Радость не продлевается, а продлённая – похожа на спитой чай.
Никто из тех, с кем я жил здесь, не хватится моего отсутствия и не будет меня искать.
Я знал также, что если, экономя деньги, пройти километров шестнадцать до Феодосии, то можно там сесть на дизельный поезд и добраться до Джанкоя.
А там можно уехать, купив случайный билет, или просто договориться с проводником.
Я буду ехать и снова жить в мире, где мне не дадут пропасть – поднесут помидорчик, насыплют соли на газетку, одарят картофелиной.
И снова, как по дороге сюда, будут стучать друг о друга какие-то железнодорожные детали, и снова будет хлопать дверь тамбура.
Мне нужно туда, и уходить нужно сейчас. Теперь я буду жить с надеждой, а впрочем, как повезёт.
Сейчас, пасмурным утром, когда проснулись только местные жители, когда можно, не прощаясь с хозяйкой, повесить на дверь смешной замочек, а ключ оставить прямо в скважине, – моё время здесь окончилось.
И тогда я начал спускаться с горы.
* * *По коридору ходил старик. Он ходил и бормотал что-то.
Не знал я, о чём он бормотал. Пришло, видимо, время ему выговориться, и скоро ему умирать.
Но он был теперь моим хозяином.
Друзья сосватали мне комнату в его квартире, так и не рассказав об условиях. Условий, как оказалось, не было. Мой хозяин говорил со мной редко, он забывал про деньги, а однажды, уже потом, засовывая плату за очередной месяц в его буфет, я обнаружил деньги прошлого месяца, к которым старик не прикасался.
Я устроился преподавать – временно, по контракту.
Рано, в чёрном утреннем городском тумане, я ездил на другой конец города, чтобы там стоять между чёрной доской и студентами и писать на этой доске сербские и хорватские слова. Сербские я писал кириллицей, а хорватские – латиницей, хотя слова эти были похожи и составляли один язык. Я рассказывал им про чакавский и кайкавский диалекты, которые называются так по слову «что?» – ча, каj и што. Я говорил про пять гласных звуков, два типа склонения прилагательных, тоническое ударение и вытеснение аориста и имперфекта сложным прошедшим временем – перфектом. Я рассказывал своим слушателям про Законник царя Душана и пейзажи Северной Далмации.
Студентам хотелось спать, да и мне – тоже. Но строгая наука брала верх, и они послушно повторяли за мной – непонятное.
А днём я работал ещё и в другом месте – в одной загадочной организации, которая занималась раздачей денег неизвестным мне людям. Денег у организации было довольно много, и часто среди разных её начальников происходила возня, которой хорошо соответствовала калька английского выражения – «драка бульдогов под ковром». Организация долго жила своей жизнью.
Туда я и устроился. В конце концов произошло, видимо, то, о чём рассказывает старый анекдот. Зулусы съели французского посла, и Франция объявляет им войну. Зулусы недоумевают: «Ну съешьте одного нашего – и дело с концом».
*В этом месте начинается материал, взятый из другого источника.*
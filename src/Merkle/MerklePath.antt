-- ===== src/Merkle/MerklePath.antt =====
-- merkle/merkle_path.go: the addresses of the nodes of a proof. Sizes, levels and node numbers are
-- not negative behind the guards and are natural numbers there.
pub mod Skip
pub mod Addresses
pub mod Ends
mod Tests
use Prim.Native.Nat.{bit_and}
use trillian.Prelude.{
  ℕ, zero, suc, ◌+◌, ◌-◌, ◌*◌, ◌/◌, ◌%◌, ◌^◌, List, [], ◌∷◌, ◌++◌, Outcome, ok, err, panic,
  out_of_fuel, ◌>>=◌, ◌>>◌, Bool, true, false, not, ◌&&◌, ◌||◌, ltb, ◌==◌, if◌then◌else◌,
}
use trillian.Prelude.Int.{ℤ, pos, negsuc, ltb_ℤ}
use trillian.Storage.NodeId
use trillian.Storage.NodeId.{NodeId, new_node_id_for_tree_coords}

pub record NodeFetch : Type 0 where
  pub id : NodeId
  pub rehash : Bool

pub data Error : Type 0 where
  snapshot_below_one snapshot_past_tree index_past_snapshot negative_index bad_max_bit_len
        snapshots_out_of_order :
      Error
  past_snapshot_missing nothing_recomputed invalid_rehash mismatched_rehash : Error
  bad_coords : NodeId.Error → Error

abbrev pub Fetches : Type 0
Fetches = Outcome Error (List NodeFetch)

-- `n ^ 1`
abbrev pub xor_one : ℕ → ℕ
xor_one n = if n % 2 == 0 then n + 1 else n - 1

abbrev pub coords_result : Outcome NodeId.Error NodeId → Outcome Error NodeId
coords_result (ok n) = ok n
coords_result (err e) = err (bad_coords e)
coords_result panic = panic
coords_result out_of_fuel = out_of_fuel

abbrev pub tree_coords : ℕ → ℕ → ℕ → Outcome Error NodeId
tree_coords max_bit_len level node =
    coords_result (new_node_id_for_tree_coords (pos level) (pos node) max_bit_len)

abbrev pub fetch_of : Bool → NodeId → NodeFetch
fetch_of rehash n = record { id = n; rehash = rehash }

-- The size is positive wherever this is called.
unfoldable pub last_node_present : ℕ → ℕ → Bool
last_node_present level ts =
    if level == 0 then true else not (bit_and (ts - 1) (2 ^ (level - 1)) == 0)

-- The loop of skipMissingLevels, which goes down one level a round.
unfoldable pub skip_loop : ℕ → ℕ → ℕ → ℕ → ℕ × ℕ
skip_loop snapshot zero last_node sibling = (0, sibling)
skip_loop snapshot (suc level) last_node sibling =
    let deeper = skip_loop snapshot level ((snapshot - 1) / 2 ^ level) (sibling * 2) in
    if sibling == last_node && not (last_node_present (suc level) snapshot)
    then deeper
    else (suc level, sibling)

abbrev pub skip_missing_levels : ℕ → ℕ → ℕ → ℕ → ℕ × ℕ
skip_missing_levels snapshot last_node level node =
    skip_loop snapshot level last_node (xor_one node)

unfoldable pub sibling_id_skip_levels : ℕ → ℕ → ℕ → ℕ → ℕ → Outcome Error NodeId
sibling_id_skip_levels snapshot last_node level node max_bit_len =
    let found = skip_missing_levels snapshot last_node level node in
    tree_coords max_bit_len found.0 found.1

-- Whether some fetch has another mark than the first.
abbrev pub mismatched : Bool → List NodeFetch → Bool
mismatched rehash [] = false
mismatched true (f ∷ fs) = not f.rehash || mismatched true fs
mismatched false (f ∷ fs) = f.rehash || mismatched false fs

unfoldable pub check_recomputation : List NodeFetch → Outcome Error (Unit {0})
check_recomputation [] = err nothing_recomputed
check_recomputation (f ∷ []) = if f.rehash then err invalid_rehash else ok tt
check_recomputation (f ∷ g ∷ fs) =
    if mismatched f.rehash (g ∷ fs) then err mismatched_rehash else ok tt

module _ (snapshot tree_size node_level max_bit_len : ℕ) where
  -- The state of the second loop of recomputePastSnapshot.
  pub record Rehashing : Type 0 where
    pub rehash : Bool
    pub sub_root_emitted : Bool
    pub fetches : List NodeFetch

  -- The part of a round for a node with a left sibling.
  unfoldable pub rehash_node : NodeId → ℕ → ℕ → ℕ → Rehashing → Outcome Error Rehashing
  rehash_node saved level last_node last_at_level s = if last_node % 2 == 0 then ok s else (do
    n ← sibling_id_skip_levels snapshot last_at_level level (xor_one (last_node - 1)) max_bit_len
    let first = not s.rehash && not s.sub_root_emitted
    let before = if first then s.fetches ++ fetch_of true saved ∷ [] else s.fetches
    ok (record {
      rehash = true;
      sub_root_emitted = first || s.sub_root_emitted;
      fetches = before ++ fetch_of true n ∷ [];
    }))

  unfoldable pub rehash_loop : ℕ → NodeId → ℕ → ℕ → ℕ → Rehashing → Fetches
  rehash_loop zero saved level last_node last_at_level s = out_of_fuel
  rehash_loop (suc f) saved level last_node last_at_level s =
      let rest = rehash_loop f saved (suc level) (last_node / 2) (last_at_level / 2) in
      if last_node == 0 then ok s.fetches else (do
        t ← rehash_node saved level last_node last_at_level s
        if node_level == suc level && not t.sub_root_emitted
            then ok (t.fetches ++ fetch_of t.rehash saved ∷ [])
            else if suc level == node_level
            then ok t.fetches
            else rest t)

  -- From the left sibling without a right one on.
  unfoldable pub rehash_from : ℕ → ℕ → ℕ → Fetches
  rehash_from level last_node last_at_level = do
    saved ← sibling_id_skip_levels snapshot last_at_level level (xor_one last_node) max_bit_len
    if node_level == level
        then ok (fetch_of true saved ∷ [])
        else rehash_loop (suc last_node) saved level last_node last_at_level
            (record { rehash = false; sub_root_emitted = false; fetches = [] })

  unfoldable pub climb_loop : ℕ → ℕ → ℕ → ℕ → Fetches
  climb_loop zero level last_node last_at_level = out_of_fuel
  climb_loop (suc f) level last_node last_at_level =
      let rest = climb_loop f (suc level) (last_node / 2) (last_at_level / 2) in
      if last_node % 2 == 0
      then rehash_from level last_node last_at_level
      else if node_level == level
      then (do
        n ← sibling_id_skip_levels snapshot last_at_level level (xor_one last_node) max_bit_len
        ok (fetch_of false n ∷ []))
      else rest

  unfoldable pub recompute_past_snapshot : Fetches
  recompute_past_snapshot =
      if snapshot == tree_size
      then ok []
      else if ltb tree_size snapshot
      then err past_snapshot_missing
      else climb_loop snapshot 0 (snapshot - 1) (tree_size - 1)

module _ (snapshot tree_size max_bit_len : ℕ) where
  -- What a round of pathFromNodeToRootAtSnapshot adds to the proof.
  unfoldable pub sibling_fetches : ℕ → ℕ → ℕ → Fetches
  sibling_fetches node level last_node =
      if ltb (xor_one node) last_node
      then (do n ← tree_coords max_bit_len level (xor_one node); ok (fetch_of false n ∷ []))
      else if xor_one node == last_node
      then if snapshot == tree_size
        then (do
          n ← sibling_id_skip_levels snapshot last_node level node max_bit_len
          ok (fetch_of false n ∷ []))
        else (do
          rehash_fetches ← recompute_past_snapshot snapshot tree_size level max_bit_len
          check_recomputation rehash_fetches
          ok rehash_fetches)
      else ok []

  unfoldable pub path_loop : ℕ → ℕ → ℕ → ℕ → Fetches
  path_loop zero node level last_node = out_of_fuel
  path_loop (suc f) node level last_node =
      let rest = path_loop f (node / 2) (suc level) (last_node / 2) in
      if last_node == 0
      then ok []
      else (do here ← sibling_fetches node level last_node; above ← rest; ok (here ++ above))

  unfoldable pub path_from_node_to_root_at_snapshot : ℕ → ℕ → Fetches
  path_from_node_to_root_at_snapshot node level =
      let last_node = (snapshot - 1) / 2 ^ level in
      if snapshot == 0 then ok [] else path_loop (suc last_node) node level last_node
Мне сказали, что причина моего увольнения в том, что я не поздоровался с начальником на эскалаторе метро. До этого я не подозревал, что он спускается под землю.
История была забавной и ничуть не обидной. Так воспринимаешь прекращение тяжёлых как камень отношений. Я распихал пачки дешёвых денег по карманам и вышел в московскую слякоть. У первого ларька я купил пива, а рядом – с рук – колбасу. Отхлёбывая из горлышка, как последний лоточник, начал движение по городу и скоро очутился дома, где уже ждал меня голодный старик.
Я помахал ему батоном колбасы, и мы пошли готовить ужин.
И опять я ездил на окраину, и студенты задавали мне вопросы, и я отвечал им, и курил с этими, в общем-то, славными ребятами на лестнице. Я вспомнил тех своих крымских необязательных знакомцев, вкус мидий, запахи моря и свои слова об одном и том же поколении – что, дескать, мы одной крови – с вами, с вами, и с вами, и с тобой, и с тобой тоже.
Теперь я понимал, что тогда я просто подлизывался.
Правда была в том, что поколения сместились и те, кто не успел перемениться, чувствовали себя неуютно. Все искали себе места, но эти поиски места всегда в итоге превращались в поиски времени – или возраста.
Глядя в лица студентов, я вспоминал старый фильм, в котором одного лейтенанта посылают охотиться на некоего полковника.
– Ты убийца? – спрашивала лейтенанта будущая жертва.
– Я солдат, – гордо отвечал тот.
– Нет, – говорил полковник, готовясь умирать. – Ты просто мальчик, которого послали убивать.
Мне хотелось бы быть мальчиком, но это уже было невозможно. Я стал взрослым, но тяга к детству, прежней беззаботной возможности выбора оставалась.
Все эти рассуждения о войне и о травме были признаком слабости – просто взрослеющие люди не хотят взрослеть. Они хотят выпросить разрешение оставаться мальчиками и приводят истории про то, как они бегали где-то с ружьями, похожими на игрушечные. Взрослеющие люди должны строить дома и семьи, крутить гайки на заводах, но это скучно, и от этого хочется отмахнуться.
Куда лучше растить память о войне внутри себя, поливать её водкой и бояться, что она завянет.
Как-то я обнаружил, что многие приличные и вовсе не воинственные люди полюбили состояние войны, потому что оно отменяло их прежнюю скучную жизнь. Нелюбимых жён, кредит на холодильник. Их круглые пивные животы становились незаметны в мешковатом камуфляже.
Они хотели быть мальчиками.
Но не хотели за парты.
А я вот курил на лестнице и улыбался этим другим, новым мальчикам, росшим совсем в другом мире, нежели мир моего детства и юности.
Хотя, я бы сказал, такое занятие не прибавляло радости.
Мы возвращались в класс, и я снова писал что-то на доске, ученики повторяли хором незнакомые слова, и снова я рассказывал им о далёкой стране, которая прекратила своё существование. Я представлял себе Княжий дворец в Дубровнике и Плацу, рассекающую нижний город на две половинки, где камень перемешан с зеленью, где висят на верёвках между домами платки и ковры, где лежат на продажу раковины и завёрнутые в пальмовые листья сардины, где мальчишки торгуют плетёнками и тапочками, сделанными из водорослей, где все кричат что-то, гомонят, но, когда солнце падает в узкую щель улицы, всё замирает, и продавцы, оставляя товар, разбегаются в тень.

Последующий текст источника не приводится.